I just saw the thread about different kinds of two bedrooms and I had no idea.

Is this true for all resorts?  Are the layouts different/different number of beds, etc?

Is there a list somewhere?

Thanks!

Sharon


----------



## tomandrobin (Mar 12, 2008)

Yes there are two different types of two bedrooms. Some are dedicated two bedrroms, some are lock-offs (which is a studio and one bedroom together). The main difference between the two is a dedicated two bedroom will have two queen beds in the second bedroom. 

But even then, not all dedicated two bedrooms are equal. At BCV there are 74 dedicated two bedoom units, but only about 1/3 of them have two queens in the second bedrrom. 

At AKV, Jambo house will not have any dedicated two bedrooms, but Kidani Village will.

Another to note, at AKV and the future contemporary resort, all of the two bedroom units now have three bathrooms, instead of two.


----------



## 3kids4me (Mar 12, 2008)

Do all resorts have both types of two bedrooms?  In other words, if I need the two beds, am I better off picking a certain resort?

Thanks!!


----------



## tomandrobin (Mar 12, 2008)

The dedicated two bedrooms are the first to be booked, its done automatically by member services.

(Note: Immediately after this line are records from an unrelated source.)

-- ===== src/Scheduling.antt =====
-- The schedules of a user's ads: when a schedule runs next, which sends a tick of the scheduler
-- collects, and one send (app/services/schedule_service.py, app/services/schedule_rules.py and
-- app/application/scheduling/use_cases.py).
pub mod NextRun
pub mod Rules
pub mod Collect
pub mod Send
pub mod Tests
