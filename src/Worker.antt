-- ===== src/Worker.antt =====
-- The tasks of the background worker (app/worker/tasks.py).
pub mod Dispatch
pub mod Retry
pub mod Sync
pub mod Containers
pub mod Results
pub mod Tests
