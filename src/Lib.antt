-- ===== src/Lib.antt =====
-- Rasputin, a replicated key-value store: a model of its server and the theorems about it.
--
-- A rasputin server (src/server/server.rs) keeps a store on disk, a replication log and a lease.
-- Three threads take turns at it behind one lock: one hands it the envelopes of the other servers,
-- one those of the clients, one ticks every 400 to 500 ms. On a tick without a valid lease the
-- server stands for election. A candidate with acks from a majority of the peers leads for the rest
-- of its lease, and extends it in the same way. A leader gives each write of a client a txid,
-- appends it to its log, sends it to the peers that voted, and learns it, which applies it to the
-- store and answers the client, once the log has a quorum of acks. A follower appends what the
-- leader sends, and learns up to where the leader has learned.
--
-- A fourth thread runs the event loop over the sockets (src/server/traffic_cop.rs). It cuts what a
-- connection reads into messages, hands them to the server as envelopes, frames what the server
-- sends, queues it on the connection or on those of all peers, and dials the peers that have none.
-- A client (src/client/mod.rs) tries the servers in turn until one answers its request.
--
-- The files, and the code that they are about:
--   Prelude, Prelude/..      shared names, tests on numbers and keys, lists, panics (`Outcome`)
--   BTreeMap                 `std::collections::BTreeMap`, as a list in the order of its keys
--   Messages, Messages/..    src/serialization.rs: a record for each message of
--                            include/serialization.proto, with those accessors that the server
--                            and the client call; an unset field is `none`, and a getter returns
--                            its default
--   Protobuf, Protobuf/..    what src/serialization.rs calls of the library `protobuf`, as
--                            parameters with their laws, and the shapes of code that its functions
--                            are made of: arms that read a field (/Merging), sizes and writes
--                            (/Sizes); what is read of what was written (/Rounds, /Nested,
--                            /Fields), and that a loop ends (/Ends)
--   Serialization            src/serialization.rs: `merge_from`, `compute_size` and
--                            `write_to_with_cached_sizes` of each message, in a file of its name;
--                            what `write_to_bytes` and `parse_from_bytes` of the library make of
--                            them (/Library), messages between servers (/Delivery) and between a
--                            client and a server (/Answers), lengths (/Sizes), bytes of any kind
--                            (/Parsing), an election (/Elections) and a write (/Commits) over the
--                            wire between two servers
--   AckedLog                 src/server/acked_log.rs: `InMemoryLog` with `append`, `get`,
--                            `ack_up_to`, `commit_up_to`; its children have the proofs, and
--                            /View has `ViewableLog`
--   Platform                 what the server calls elsewhere, as parameters: the clock type of
--                            `time`, the store `rocksdb`, the wire format of `protobuf`
--   Roles                    src/server/mod.rs: constants, `Envelope`, `RepPeer`, `State`
--   Server                   src/server/server.rs: the fields of `Server`; then
--     Server/Messaging       `new_txid`, `reply`, `peer_broadcast`
--     Server/Learning        `learn`, with the store in /Store and what it leaves alone in /Frame
--     Server/Replication     `update_rep_peers`, `replicate`, `handle_append`, `handle_append_res`;
--                            how the batches of one fill the log of the other in /Batches
--     Server/Voting          `should_grant_vote`, `handle_vote_req`, `handle_vote_res`, `cron`;
--                            one turn (/Leases), and runs: who wins (/Winning, with /Polls,
--                            /Turns and /States), a whole election (/Standing), a lease (/Nacks)
--     Server/Clients         `handle_cli`
--     Server/Running         `handle_peer`, the start and the turns of the three threads of `run`
--     Server/Invariant       the invariant, with the handlers (/Replicating, /Voting,
--                            /Clients, /Running), panics (/Safety), runs (/Liveness)
--   Codec                    src/codec.rs: `Framed`, `usize_to_array`, `array_to_usize`; then
--     Codec/Feed, /Cuts      the decoder one byte at a time, and over buffers that are cut
--     Codec/Stacks           `Codec`, `CodecStack`
--   ServerConn               src/server/server_conn.rs: a connection with its buffers; what it
--                            writes (/Writing, /Delivery) and hands on (/Reading)
--   ConnSet                  src/server/connset.rs: the connections of a listening socket, over a
--                            slab; what it knows of them (/Known, /Joining)
--   TrafficCop               src/server/traffic_cop.rs: `new`, `timeout`, `notify`, and `ready` in
--                            /Ready; an invariant (/Linked) over the calls of the event loop
--                            (/Turns, /Dialling, /Sending) and runs of them (/Loop);
--                            what `notify` queues (/Broadcast), on
--                            sockets that differ (/Sockets, /Growth, /Apart, /Once)
--   Clock                    src/clock.rs: `TestClock`
--   Client                   src/client/mod.rs: `req`, `send_to`, `recv_into`, and the four calls
--                            in /Calls
--   RangeBounds              src/range_bounds.rs
--   Examples, Examples/..    concrete servers, logs and streams on which the theorems are applied
--
-- How code becomes a definition. A handler takes the server and returns the new one in `Outcome`,
-- which is `panic` where the code panics (an assertion, an `unwrap`, `panic!`). What is sent is
-- appended to `rpc_tx`. The `k`-th call of `clock.now()` in a handler's text reads `now k`, any
-- sequence of times, so that a theorem says in its hypotheses where the clock must not step back. A
-- `u64` is a natural number with the wrap-around of a release build written out where it is added
-- to. A long function is cut at its branches into definitions that it calls. Logging is left out;
-- an argument of a log line is kept where it can panic (the address in `handle_vote_res`).
--
-- Loops are structural recursion, but for the `loop` of `Framed::decode`: it has the length of the
-- buffer and one round more as fuel, which is enough since every round but the last reads a byte.
--
-- The `while` loop of a `merge_from` has the number of bytes and one round more, enough for the same
-- reason.
--
-- Messages. The size that is cached in a message is the one that `compute_size` returns, which the
-- library calls before it writes. Unknown fields are kept as a list.
--
-- Input and output. What the event loop, a socket or the slab of `mio` answers is an argument or a
-- parameter with laws: a call of `ready` is given the answers of all calls in it, `timeout` and
-- `req` one for each server that is dialled. The loops of the client that wait for a socket go over
-- a list of its answers; where the list ends the loop still runs. A `TcpStream` is the bytes that
-- were written to it.
--
-- Not modelled: logging (src/logging/mod.rs), opening the store (src/server/rocksdb.rs), the two
-- programs of src/bin, `RealClock`, descriptors, reflection and unused accessors of
-- src/serialization.rs, the allocation of buffers, the threads and channels themselves,
-- `run_event_loop`, which starts the loop of `mio`, and its timers. A cluster of servers
-- is not composed beyond single exchanges: most theorems hold for one server, whatever it is sent.
pub mod Prelude
pub mod BTreeMap
pub mod Messages
pub mod AckedLog
pub mod Platform
pub mod Roles
pub mod Server
pub mod Codec
pub mod RangeBounds
pub mod ServerConn
pub mod ConnSet
pub mod TrafficCop
pub mod Clock
pub mod Client
pub mod Protobuf
pub mod Serialization
pub mod Examples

Also, I should add that a dedicated unit will not have the kitchenette in the second bedroom. The lock-off will have the full kitchen and the kitchenette.


----------



## tomandrobin (Mar 12, 2008)

3kids4me said:


> Do all resorts have both types of two bedrooms?  In other words, if I need the two beds, am I better off picking a certain resort?
> 
> Thanks!!



Only BCV has some dedicated 2BR villas with a bed and sleeper sofa due to some issues they had when building.


----------



## gemdisney (Mar 12, 2008)

3kids4me said:


> I just saw the thread about different kinds of two bedrooms and I had no idea.
> 
> Is this true for all resorts?  Are the layouts different/different number of beds, etc?
> 
> ...



I have been on mouseowners.com and they have the layout of all the DVC reosrts and reviews of the rooms. You may want to check that out. I know there are differences like Lock outs and things like that. MS told me the only difference was that 1 had a door for the studio and a dorr for the 1 bdrooom attached. Then there are ones that only have 1 door to all rooms.


----------



## tomandrobin (Mar 12, 2008)

gemdisney said:


> I have been on mouseowners.com and they have the layout of all the DVC reosrts and reviews of the rooms. You may want to check that out. I know there are differences like Lock outs and things like that. MS told me the only difference was that 1 had a door for the studio and a dorr for the 1 bdrooom attached. Then there are ones that only have 1 door to all rooms.



Too bad MS was wrong to tell you that there was no difference, besides two doors. Having a dedicated two bedroom is a husge difference for us.


----------